▸ Provided information:
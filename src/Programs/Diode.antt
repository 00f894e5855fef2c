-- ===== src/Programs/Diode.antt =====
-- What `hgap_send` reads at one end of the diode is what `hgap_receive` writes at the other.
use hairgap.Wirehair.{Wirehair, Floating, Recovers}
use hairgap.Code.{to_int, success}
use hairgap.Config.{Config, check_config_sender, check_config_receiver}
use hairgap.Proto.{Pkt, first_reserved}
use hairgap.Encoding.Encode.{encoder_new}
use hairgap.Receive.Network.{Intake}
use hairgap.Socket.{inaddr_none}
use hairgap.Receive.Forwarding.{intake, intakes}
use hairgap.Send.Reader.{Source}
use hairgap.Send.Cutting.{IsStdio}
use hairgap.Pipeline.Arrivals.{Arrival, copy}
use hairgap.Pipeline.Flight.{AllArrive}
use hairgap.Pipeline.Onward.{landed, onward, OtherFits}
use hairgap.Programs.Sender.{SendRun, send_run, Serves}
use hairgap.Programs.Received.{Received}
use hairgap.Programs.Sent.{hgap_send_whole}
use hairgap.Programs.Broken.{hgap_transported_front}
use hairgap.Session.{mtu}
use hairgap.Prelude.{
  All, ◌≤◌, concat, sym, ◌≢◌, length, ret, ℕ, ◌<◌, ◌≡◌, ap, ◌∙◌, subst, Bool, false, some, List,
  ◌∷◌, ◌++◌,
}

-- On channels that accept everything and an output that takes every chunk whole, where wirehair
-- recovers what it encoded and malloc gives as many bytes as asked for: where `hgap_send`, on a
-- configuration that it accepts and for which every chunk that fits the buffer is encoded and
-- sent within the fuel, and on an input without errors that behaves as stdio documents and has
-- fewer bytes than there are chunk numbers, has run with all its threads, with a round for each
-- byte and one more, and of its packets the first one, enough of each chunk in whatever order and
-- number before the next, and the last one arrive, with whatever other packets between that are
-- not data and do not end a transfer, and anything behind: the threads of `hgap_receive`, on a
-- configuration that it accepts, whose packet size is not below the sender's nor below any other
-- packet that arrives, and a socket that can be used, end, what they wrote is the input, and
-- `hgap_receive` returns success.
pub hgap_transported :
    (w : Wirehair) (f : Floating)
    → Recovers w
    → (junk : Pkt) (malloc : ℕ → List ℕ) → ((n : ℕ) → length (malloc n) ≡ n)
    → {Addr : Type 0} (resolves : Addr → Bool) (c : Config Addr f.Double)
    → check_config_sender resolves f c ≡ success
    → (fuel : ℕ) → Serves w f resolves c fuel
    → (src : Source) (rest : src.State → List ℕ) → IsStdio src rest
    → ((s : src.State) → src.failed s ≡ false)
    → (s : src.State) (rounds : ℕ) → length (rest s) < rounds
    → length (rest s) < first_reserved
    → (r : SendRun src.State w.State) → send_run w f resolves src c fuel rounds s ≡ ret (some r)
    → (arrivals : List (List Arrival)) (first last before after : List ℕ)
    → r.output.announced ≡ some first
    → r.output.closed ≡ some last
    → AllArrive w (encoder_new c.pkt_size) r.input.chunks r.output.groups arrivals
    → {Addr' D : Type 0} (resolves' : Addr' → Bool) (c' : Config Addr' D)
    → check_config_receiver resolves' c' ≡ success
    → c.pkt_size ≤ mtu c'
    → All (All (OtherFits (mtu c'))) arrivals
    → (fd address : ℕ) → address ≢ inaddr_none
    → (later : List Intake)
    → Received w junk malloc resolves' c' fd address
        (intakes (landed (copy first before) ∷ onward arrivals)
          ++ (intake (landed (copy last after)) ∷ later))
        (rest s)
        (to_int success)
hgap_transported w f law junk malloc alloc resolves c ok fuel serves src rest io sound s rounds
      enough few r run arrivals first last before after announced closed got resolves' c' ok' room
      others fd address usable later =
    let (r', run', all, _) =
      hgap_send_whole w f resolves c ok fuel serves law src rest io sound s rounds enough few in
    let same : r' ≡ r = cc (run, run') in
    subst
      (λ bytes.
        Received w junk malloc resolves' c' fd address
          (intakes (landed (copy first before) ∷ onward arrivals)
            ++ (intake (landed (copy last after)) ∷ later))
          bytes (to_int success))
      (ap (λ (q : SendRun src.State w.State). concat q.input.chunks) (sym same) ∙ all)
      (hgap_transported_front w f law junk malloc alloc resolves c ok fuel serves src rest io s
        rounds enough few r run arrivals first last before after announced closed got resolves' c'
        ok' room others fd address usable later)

▸ Activity:
Select the lines in this material that hold the word "false", leaving none out.

▸ Solved exercise:
  All, ◌≤◌, concat, sym, ◌≢◌, length, ret, ℕ, ◌<◌, ◌≡◌, ap, ◌∙◌, subst, Bool, false, some, List,
    → ((s : src.State) → src.failed s ≡ false)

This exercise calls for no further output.